**Exercise brief**
Reproduce the records word for word, from the first line to the line containing "(paths : List KPath) (j : ℕ)".

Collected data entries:
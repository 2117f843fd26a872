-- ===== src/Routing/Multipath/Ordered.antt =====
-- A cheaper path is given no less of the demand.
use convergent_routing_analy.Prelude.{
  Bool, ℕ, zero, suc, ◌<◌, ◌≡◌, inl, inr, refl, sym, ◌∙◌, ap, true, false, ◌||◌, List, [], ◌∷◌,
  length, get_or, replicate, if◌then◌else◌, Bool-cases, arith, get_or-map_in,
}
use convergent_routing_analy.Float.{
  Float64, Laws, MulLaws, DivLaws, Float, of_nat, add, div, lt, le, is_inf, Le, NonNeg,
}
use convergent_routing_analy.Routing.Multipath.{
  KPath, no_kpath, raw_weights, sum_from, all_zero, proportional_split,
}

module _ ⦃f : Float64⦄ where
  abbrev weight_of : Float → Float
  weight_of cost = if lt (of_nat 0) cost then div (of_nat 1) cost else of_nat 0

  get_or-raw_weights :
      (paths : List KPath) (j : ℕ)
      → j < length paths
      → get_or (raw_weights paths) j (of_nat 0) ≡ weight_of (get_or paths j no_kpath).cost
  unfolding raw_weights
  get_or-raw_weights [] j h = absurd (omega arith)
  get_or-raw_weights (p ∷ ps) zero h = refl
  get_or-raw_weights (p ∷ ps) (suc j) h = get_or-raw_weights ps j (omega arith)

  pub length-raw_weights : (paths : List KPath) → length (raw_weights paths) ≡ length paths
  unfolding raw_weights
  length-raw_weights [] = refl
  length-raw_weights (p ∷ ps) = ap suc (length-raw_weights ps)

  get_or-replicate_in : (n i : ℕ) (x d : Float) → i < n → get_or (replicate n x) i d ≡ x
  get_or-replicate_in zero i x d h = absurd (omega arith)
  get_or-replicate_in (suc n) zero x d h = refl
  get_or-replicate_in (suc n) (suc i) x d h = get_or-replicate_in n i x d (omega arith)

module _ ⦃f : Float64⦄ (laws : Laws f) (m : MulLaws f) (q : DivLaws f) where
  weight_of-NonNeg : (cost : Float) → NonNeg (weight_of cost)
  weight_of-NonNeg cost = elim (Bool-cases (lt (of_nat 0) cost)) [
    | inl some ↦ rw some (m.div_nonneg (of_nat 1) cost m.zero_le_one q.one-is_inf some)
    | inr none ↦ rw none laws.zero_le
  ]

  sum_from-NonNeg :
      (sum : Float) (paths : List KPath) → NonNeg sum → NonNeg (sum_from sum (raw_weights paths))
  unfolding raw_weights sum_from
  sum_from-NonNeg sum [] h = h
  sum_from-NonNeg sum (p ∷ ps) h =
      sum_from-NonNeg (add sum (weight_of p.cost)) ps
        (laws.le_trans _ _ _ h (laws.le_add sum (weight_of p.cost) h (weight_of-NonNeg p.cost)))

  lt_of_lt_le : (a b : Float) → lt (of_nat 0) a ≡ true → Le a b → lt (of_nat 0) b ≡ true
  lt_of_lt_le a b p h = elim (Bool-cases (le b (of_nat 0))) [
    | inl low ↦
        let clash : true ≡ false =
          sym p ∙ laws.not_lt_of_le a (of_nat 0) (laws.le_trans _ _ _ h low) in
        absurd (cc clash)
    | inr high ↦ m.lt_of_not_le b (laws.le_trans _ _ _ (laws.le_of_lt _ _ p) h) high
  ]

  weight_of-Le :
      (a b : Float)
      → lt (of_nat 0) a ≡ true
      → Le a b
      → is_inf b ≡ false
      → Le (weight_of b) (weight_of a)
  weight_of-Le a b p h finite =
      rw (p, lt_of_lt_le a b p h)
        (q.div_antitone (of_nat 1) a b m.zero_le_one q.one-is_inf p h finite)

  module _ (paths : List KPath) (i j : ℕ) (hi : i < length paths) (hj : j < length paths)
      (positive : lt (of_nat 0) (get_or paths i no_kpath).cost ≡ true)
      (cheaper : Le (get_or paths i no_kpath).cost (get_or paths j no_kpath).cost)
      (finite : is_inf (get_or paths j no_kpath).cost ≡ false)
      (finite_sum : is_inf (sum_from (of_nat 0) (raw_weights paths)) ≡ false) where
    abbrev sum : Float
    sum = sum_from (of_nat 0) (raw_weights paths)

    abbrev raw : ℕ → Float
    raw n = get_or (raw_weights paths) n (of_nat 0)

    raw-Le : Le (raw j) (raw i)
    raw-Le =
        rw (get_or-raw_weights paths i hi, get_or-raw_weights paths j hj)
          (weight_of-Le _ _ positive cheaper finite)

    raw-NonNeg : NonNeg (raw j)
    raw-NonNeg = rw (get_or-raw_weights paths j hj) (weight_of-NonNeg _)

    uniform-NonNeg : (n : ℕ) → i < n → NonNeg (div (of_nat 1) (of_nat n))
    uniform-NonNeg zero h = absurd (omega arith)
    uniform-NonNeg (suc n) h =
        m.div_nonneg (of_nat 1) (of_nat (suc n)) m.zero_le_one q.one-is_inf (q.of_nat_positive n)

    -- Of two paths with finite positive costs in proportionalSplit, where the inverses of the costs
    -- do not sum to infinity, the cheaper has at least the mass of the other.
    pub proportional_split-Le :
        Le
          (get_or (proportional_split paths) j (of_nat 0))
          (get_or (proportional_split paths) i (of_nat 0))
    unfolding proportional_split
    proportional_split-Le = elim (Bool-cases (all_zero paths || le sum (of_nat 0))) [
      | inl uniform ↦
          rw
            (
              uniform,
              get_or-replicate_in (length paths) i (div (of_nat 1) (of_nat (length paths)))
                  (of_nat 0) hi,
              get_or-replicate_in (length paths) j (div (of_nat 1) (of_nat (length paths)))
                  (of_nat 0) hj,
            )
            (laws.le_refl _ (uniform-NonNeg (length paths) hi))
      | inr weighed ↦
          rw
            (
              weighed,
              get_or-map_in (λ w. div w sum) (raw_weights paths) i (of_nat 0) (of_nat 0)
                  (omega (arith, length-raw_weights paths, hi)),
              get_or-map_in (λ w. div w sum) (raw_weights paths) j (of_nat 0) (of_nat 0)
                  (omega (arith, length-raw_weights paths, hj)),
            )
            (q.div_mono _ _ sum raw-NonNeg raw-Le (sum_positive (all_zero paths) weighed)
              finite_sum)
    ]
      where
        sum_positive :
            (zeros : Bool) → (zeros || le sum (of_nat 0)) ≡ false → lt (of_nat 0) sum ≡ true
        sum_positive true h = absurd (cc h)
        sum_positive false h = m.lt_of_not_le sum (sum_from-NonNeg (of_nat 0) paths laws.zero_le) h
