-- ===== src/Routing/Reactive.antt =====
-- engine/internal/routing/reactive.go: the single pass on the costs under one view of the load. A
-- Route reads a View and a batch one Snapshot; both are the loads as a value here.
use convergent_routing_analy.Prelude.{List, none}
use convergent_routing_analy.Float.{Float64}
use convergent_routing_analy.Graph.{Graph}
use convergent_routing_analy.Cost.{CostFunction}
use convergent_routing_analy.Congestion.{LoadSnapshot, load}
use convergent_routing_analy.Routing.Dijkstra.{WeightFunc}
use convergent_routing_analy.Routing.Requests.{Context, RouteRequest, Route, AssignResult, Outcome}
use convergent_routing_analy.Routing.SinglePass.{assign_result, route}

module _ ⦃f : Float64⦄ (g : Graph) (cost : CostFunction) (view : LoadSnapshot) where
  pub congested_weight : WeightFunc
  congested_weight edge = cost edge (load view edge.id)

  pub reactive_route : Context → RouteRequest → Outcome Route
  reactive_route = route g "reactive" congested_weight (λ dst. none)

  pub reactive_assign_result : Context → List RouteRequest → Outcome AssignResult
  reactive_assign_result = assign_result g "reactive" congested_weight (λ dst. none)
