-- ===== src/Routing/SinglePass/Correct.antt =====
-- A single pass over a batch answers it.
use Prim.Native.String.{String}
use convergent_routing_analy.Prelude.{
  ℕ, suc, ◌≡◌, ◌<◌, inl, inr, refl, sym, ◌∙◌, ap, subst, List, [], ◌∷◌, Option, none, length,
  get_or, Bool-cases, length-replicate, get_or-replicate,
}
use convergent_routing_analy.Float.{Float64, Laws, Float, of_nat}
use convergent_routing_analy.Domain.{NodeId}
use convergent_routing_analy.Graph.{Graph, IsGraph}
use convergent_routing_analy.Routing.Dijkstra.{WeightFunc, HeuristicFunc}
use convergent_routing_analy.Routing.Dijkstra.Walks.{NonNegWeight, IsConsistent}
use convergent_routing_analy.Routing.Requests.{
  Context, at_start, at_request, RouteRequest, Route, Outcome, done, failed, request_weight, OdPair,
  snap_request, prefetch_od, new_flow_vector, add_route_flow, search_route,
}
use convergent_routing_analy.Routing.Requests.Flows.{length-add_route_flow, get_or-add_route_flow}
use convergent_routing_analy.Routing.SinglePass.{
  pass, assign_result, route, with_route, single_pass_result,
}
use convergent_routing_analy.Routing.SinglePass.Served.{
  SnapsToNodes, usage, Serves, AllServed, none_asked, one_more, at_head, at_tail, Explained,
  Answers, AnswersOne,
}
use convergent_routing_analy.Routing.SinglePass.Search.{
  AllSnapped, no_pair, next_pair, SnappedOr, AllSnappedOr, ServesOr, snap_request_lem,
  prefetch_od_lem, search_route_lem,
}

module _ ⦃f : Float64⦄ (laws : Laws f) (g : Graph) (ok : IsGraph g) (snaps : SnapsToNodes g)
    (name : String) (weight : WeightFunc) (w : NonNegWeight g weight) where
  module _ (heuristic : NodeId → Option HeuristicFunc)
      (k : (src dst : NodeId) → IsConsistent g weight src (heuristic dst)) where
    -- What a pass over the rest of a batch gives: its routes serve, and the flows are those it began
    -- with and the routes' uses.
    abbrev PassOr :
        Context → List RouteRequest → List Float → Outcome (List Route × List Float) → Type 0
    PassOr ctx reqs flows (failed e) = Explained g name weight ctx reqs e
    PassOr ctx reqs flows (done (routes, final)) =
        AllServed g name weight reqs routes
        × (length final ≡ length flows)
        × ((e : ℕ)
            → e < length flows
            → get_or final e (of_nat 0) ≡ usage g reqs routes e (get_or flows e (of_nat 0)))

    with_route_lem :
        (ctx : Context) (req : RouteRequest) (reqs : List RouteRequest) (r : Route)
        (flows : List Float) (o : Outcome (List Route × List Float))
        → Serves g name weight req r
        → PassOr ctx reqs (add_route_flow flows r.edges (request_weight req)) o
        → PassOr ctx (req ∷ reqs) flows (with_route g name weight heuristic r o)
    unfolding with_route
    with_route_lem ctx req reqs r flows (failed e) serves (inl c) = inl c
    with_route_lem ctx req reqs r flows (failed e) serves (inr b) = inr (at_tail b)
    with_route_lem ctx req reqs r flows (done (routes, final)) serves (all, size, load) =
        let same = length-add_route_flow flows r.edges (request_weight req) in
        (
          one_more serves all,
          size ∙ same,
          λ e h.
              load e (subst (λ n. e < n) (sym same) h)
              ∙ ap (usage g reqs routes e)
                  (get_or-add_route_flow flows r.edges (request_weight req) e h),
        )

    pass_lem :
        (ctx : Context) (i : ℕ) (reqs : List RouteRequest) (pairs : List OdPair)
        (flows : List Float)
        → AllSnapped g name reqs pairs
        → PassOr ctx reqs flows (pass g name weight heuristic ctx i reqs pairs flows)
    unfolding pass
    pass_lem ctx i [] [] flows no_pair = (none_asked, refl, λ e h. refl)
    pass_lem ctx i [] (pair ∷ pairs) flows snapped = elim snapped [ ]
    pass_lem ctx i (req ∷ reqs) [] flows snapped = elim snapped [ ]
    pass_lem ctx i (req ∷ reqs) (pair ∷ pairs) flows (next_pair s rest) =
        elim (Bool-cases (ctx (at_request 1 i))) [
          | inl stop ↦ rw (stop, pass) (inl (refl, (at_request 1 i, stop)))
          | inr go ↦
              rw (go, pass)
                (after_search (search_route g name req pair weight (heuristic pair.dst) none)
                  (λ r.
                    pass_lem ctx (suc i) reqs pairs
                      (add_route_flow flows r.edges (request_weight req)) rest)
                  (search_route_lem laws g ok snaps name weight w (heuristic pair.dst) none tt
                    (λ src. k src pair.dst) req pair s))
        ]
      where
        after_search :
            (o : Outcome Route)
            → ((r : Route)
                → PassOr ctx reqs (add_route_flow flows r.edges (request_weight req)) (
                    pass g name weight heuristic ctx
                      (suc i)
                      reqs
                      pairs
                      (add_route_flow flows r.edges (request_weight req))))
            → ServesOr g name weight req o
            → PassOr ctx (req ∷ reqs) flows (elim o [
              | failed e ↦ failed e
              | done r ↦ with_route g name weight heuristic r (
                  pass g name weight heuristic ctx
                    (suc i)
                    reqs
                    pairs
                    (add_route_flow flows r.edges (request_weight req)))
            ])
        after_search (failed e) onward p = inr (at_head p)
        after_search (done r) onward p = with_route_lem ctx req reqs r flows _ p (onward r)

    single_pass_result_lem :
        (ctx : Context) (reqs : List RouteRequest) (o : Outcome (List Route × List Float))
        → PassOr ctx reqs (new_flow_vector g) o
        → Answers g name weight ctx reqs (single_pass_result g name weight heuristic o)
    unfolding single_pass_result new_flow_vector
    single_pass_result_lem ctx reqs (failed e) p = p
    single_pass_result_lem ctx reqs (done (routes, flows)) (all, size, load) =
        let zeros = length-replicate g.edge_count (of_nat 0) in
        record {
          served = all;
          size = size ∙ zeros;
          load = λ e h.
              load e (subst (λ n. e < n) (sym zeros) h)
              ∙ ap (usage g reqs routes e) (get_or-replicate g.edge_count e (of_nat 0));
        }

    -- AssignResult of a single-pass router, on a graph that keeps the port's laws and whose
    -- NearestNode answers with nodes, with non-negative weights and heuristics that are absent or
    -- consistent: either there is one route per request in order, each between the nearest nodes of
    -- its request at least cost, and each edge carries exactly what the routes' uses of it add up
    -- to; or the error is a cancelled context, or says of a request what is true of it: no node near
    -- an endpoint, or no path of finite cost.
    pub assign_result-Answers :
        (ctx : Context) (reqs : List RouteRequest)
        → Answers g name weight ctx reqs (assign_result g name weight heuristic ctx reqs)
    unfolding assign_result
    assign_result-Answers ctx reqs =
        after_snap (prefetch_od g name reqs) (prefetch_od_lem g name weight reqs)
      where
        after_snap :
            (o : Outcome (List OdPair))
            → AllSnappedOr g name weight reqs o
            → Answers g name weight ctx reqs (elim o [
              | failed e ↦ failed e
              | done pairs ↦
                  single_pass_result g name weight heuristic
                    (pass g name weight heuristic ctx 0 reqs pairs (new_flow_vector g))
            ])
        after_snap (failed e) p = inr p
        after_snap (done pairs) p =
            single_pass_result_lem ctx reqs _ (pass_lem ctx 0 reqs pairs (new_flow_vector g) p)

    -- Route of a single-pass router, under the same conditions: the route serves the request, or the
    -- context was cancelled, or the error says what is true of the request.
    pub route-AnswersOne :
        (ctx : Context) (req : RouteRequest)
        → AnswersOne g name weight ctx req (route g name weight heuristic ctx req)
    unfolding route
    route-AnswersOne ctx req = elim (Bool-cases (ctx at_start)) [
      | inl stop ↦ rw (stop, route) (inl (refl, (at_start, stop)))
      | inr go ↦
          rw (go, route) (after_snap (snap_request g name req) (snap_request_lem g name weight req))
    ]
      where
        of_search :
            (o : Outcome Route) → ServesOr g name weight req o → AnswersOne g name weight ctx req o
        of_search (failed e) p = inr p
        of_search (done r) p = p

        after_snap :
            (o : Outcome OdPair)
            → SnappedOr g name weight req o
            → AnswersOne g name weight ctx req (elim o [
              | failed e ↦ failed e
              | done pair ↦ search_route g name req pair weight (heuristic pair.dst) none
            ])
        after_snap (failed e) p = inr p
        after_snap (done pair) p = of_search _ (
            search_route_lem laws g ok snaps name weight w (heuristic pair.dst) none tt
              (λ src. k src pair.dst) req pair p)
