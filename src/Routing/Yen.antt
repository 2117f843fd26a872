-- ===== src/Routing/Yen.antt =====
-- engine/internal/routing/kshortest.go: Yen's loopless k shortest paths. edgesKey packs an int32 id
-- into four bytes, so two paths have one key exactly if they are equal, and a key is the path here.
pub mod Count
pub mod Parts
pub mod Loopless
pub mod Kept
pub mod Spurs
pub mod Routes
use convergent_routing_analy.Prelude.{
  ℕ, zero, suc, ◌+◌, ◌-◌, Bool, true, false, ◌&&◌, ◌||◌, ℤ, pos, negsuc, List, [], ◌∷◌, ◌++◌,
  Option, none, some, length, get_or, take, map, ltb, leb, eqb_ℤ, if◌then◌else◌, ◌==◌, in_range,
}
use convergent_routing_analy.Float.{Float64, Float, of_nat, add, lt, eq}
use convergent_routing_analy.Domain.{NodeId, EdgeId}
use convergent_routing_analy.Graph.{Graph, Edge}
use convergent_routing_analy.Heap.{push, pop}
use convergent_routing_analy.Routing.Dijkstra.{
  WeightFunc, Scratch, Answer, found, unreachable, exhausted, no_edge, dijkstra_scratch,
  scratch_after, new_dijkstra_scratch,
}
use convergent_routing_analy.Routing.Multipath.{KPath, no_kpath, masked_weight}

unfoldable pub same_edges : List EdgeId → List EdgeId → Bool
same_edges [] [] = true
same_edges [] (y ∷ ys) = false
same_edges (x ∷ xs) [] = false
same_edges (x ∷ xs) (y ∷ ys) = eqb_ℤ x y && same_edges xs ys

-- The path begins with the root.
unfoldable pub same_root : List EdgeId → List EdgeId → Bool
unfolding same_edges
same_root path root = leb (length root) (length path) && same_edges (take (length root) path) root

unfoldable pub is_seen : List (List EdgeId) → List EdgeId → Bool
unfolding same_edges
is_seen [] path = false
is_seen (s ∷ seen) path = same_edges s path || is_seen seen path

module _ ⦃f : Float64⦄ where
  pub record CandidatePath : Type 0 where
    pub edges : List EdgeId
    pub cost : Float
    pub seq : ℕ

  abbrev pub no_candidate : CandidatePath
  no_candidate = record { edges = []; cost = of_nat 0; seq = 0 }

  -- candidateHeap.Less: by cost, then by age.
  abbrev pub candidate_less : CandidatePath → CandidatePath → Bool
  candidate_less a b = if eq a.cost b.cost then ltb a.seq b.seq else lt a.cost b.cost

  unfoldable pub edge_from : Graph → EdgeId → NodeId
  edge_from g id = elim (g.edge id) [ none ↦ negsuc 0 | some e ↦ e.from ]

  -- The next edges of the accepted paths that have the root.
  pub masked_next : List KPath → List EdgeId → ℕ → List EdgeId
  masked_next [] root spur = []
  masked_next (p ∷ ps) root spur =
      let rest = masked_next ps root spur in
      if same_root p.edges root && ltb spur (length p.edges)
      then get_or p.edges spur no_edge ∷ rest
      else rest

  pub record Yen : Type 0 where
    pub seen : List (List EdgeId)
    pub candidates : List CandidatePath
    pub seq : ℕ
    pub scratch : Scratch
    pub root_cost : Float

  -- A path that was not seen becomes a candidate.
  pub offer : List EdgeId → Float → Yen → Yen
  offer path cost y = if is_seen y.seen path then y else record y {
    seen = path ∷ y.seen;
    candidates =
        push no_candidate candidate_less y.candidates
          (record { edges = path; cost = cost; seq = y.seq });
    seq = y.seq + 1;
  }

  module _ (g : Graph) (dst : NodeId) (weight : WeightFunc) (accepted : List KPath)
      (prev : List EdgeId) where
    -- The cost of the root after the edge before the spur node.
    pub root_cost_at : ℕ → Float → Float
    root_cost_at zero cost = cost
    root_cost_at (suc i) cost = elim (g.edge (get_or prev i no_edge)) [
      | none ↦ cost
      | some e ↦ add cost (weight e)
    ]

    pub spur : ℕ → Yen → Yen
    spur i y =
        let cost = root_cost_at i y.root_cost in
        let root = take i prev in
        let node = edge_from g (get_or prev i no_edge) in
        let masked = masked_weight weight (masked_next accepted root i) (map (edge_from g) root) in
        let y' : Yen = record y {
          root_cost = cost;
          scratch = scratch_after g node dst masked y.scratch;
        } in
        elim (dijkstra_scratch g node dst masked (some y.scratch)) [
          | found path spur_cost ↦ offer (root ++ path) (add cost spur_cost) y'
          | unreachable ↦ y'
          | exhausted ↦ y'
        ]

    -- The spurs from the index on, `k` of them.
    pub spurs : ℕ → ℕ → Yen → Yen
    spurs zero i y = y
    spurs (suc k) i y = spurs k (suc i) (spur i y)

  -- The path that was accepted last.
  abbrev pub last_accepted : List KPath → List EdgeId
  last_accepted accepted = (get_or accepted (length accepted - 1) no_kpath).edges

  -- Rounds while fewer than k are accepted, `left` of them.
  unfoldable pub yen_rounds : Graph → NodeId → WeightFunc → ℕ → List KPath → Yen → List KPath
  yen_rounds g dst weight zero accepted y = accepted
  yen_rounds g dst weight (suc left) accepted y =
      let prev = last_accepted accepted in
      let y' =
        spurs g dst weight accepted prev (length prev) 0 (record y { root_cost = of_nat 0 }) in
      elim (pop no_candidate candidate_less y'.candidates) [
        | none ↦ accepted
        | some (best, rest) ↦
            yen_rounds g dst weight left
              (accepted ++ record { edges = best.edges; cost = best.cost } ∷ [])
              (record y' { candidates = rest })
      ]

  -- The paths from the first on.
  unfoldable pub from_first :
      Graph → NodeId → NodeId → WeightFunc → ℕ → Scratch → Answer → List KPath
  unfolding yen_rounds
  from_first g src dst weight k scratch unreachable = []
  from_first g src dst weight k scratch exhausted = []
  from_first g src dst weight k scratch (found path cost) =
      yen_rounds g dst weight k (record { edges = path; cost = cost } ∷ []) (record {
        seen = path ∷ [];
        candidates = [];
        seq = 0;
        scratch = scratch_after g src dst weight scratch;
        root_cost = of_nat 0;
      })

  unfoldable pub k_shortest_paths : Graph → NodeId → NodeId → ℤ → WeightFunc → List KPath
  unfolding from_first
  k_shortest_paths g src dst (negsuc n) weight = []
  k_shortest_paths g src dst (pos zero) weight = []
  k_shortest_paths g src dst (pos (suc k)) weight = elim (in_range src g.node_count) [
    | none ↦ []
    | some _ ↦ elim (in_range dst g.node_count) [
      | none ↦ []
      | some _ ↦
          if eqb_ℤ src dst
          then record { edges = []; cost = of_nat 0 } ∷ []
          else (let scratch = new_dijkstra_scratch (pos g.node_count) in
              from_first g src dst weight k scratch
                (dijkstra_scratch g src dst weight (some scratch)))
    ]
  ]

**Your response**
repository 2117f843fd26a872
-- ===== src/Routing/Multipath/Ordered.antt =====
-- A cheaper path is given no less of the demand.
use convergent_routing_analy.Prelude.{
  Bool, ℕ, zero, suc, ◌<◌, ◌≡◌, inl, inr, refl, sym, ◌∙◌, ap, true, false, ◌||◌, List, [], ◌∷◌,
  length, get_or, replicate, if◌then◌else◌, Bool-cases, arith, get_or-map_in,
}
use convergent_routing_analy.Float.{
  Float64, Laws, MulLaws, DivLaws, Float, of_nat, add, div, lt, le, is_inf, Le, NonNeg,
}
use convergent_routing_analy.Routing.Multipath.{
  KPath, no_kpath, raw_weights, sum_from, all_zero, proportional_split,
}

module _ ⦃f : Float64⦄ where
  abbrev weight_of : Float → Float
  weight_of cost = if lt (of_nat 0) cost then div (of_nat 1) cost else of_nat 0

  get_or-raw_weights :
      (paths : List KPath) (j : ℕ)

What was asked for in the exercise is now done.